オンリーワン!

この世には誰一人として同じ人はいない。どんなに頼りがなくて、弱々しい存在に思えても、その小さな力がなければ、地球は回ってくれぬ。故にみんながみんな大きな目標を持って、生きた証しを残してやろうと張り切る必要はない。無意味な人生なんてものはないだよ。それぞれのペースで日々を淡々と生きていれば、もうそれだけで十分に尊いことだから、ただただ生きているだけでいい。

そんな境地に至ったのだろうか。かつて臼杵万理実さんが制作した「弱虫でもできること」という作品があった。これは人よりもすぐれたセンスやテクニック、才能などを持ち合わせていなくても、大好きな絵を描くことは何の問題もない。つまり、言い訳ばかりしていないで、今日一日に集中して少しでも努力すべきと決意を表した題名だった。

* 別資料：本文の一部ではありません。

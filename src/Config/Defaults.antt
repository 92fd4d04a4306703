-- ===== src/Config/Defaults.antt =====
-- src/config.rs: the defaults of the fields that a configuration leaves out.
use amail_bridge.Common.{
  ℕ, ◌≡◌, refl, ap, ◌↔◌, ◌⊎◌, inl, inr, true, some, List, [], ◌∷◌, arith, Bool-cases, list_eq,
  nat_eq,
}
use amail_bridge.Std.Text.{Text, str, split_once, contains_char, strip_prefix, starts_with}
use amail_bridge.Std.Ip.{
  IpAddr, v4, v6, width, IsIp, parse_ip, read_ipv4, read_ipv6, read_octet, read_number, read_digits,
  read_separator, try_ipv4, try_group, groups_step, read_groups, ipv6_back, ipv6_of_head, whole,
  to_digit,
}
use amail_bridge.Security.{ip_matches, parse_cidr, cidr_parts, cidr_check}
use amail_bridge.Security.Cidr.{ip_matches_iff}
use amail_bridge.Push.Access.{parse_ip_list, matches_any, is_nil, admin_allows}
use amail_bridge.Config.{PullConfig}

unfoldable pub default_mode : Text
default_mode = str "push"

unfoldable pub default_listen_bind : Text
default_listen_bind = str "0.0.0.0:38080"

unfoldable pub default_poll_interval : ℕ
default_poll_interval = 10

unfoldable pub default_log_level : Text
default_log_level = str "info"

unfoldable pub default_health_check_interval : ℕ
default_health_check_interval = 60

unfoldable pub default_health_fail_threshold : ℕ
default_health_fail_threshold = 3

unfoldable pub default_health_connect_timeout : ℕ
default_health_connect_timeout = 3

unfoldable pub default_admin_allowed_ips : List Text
default_admin_allowed_ips = str "127.0.0.1" ∷ str "::1" ∷ []

-- `PullConfig::default`
unfoldable pub default_pull : PullConfig
default_pull = record {
  amail_url = [];
  admin_key = [];
  api_key = [];
  poll_interval_sec = 10;
  system_id = [];
  systems = [];
}

parsed_default : parse_ip_list default_admin_allowed_ips ≡ (v4 2130706433, 32) ∷ (v6 1, 128) ∷ []
unfolding parse_ip_list default_admin_allowed_ips parse_cidr cidr_parts cidr_check split_once
    contains_char parse_ip whole read_ipv4 read_ipv6 ipv6_back ipv6_of_head try_ipv4 try_group
    groups_step read_groups read_octet read_number read_digits read_separator to_digit strip_prefix
    starts_with
parsed_default = refl

abbrev number : IpAddr → ℕ
number (v4 n) = n
number (v6 n) = n

-- An entry for a single address matches that address only.
single_address :
    (ip net : IpAddr) → IsIp ip → IsIp net → (ip_matches ip net (width net) ≡ true) ↔ (ip ≡ net)
single_address (v4 m) (v4 n) hm hn =
    let test = ip_matches_iff (v4 m) (v4 n) 32 hm hn (omega arith) in
    (λ h. let e = test.0 h in ap v4 (omega arith), λ h. let e = ap number h in test.1 (omega arith))
single_address (v6 m) (v6 n) hm hn =
    let test = ip_matches_iff (v6 m) (v6 n) 128 hm hn (omega arith) in
    (λ h. let e = test.0 h in ap v6 (omega arith), λ h. let e = ap number h in test.1 (omega arith))
single_address (v4 m) (v6 n) hm hn = (λ h. absurd (unfold ip_matches in cc), λ h. absurd (cc))
single_address (v6 m) (v4 n) hm hn = (λ h. absurd (unfold ip_matches in cc), λ h. absurd (cc))

-- Without a list of its own, the admin API admits 127.0.0.1 and ::1, and no other peer.
pub default_admin_allowed_ips_lem :
    (ip : IpAddr)
    → IsIp ip
    → (admin_allows (parse_ip_list default_admin_allowed_ips) (some ip) ≡ true)
      ↔ ((ip ≡ v4 2130706433) ⊎ (ip ≡ v6 1))
unfolding admin_allows matches_any is_nil
default_admin_allowed_ips_lem ip ok =
    let local = single_address ip (v4 2130706433) ok (omega arith) in
    let local_v6 = single_address ip (v6 1) ok (omega arith) in
    rw parsed_default (
      λ h. elim (Bool-cases (ip_matches ip (v4 2130706433) 32)) [
        | inl e ↦ inl (local.0 e)
        | inr e ↦ inr (local_v6.0 (ground (arith, h, e)))
      ],
      λ h. elim h [ inl e ↦ ground (arith, local.1 e) | inr e ↦ ground (arith, local_v6.1 e) ],
    )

人生とは実に面白いもの、この時の決心は功を奏して、人生の大きなターニングポイントになった。まずできないことを認めて、そこからリスタートしていく。実際にはできないことをできる振りをしてはいけない。臼杵さんは正直という最善の策を選んだ。心が弱くても虚勢を張らずに、自分らしく生きる大切さをなんとなく感じたのだろう。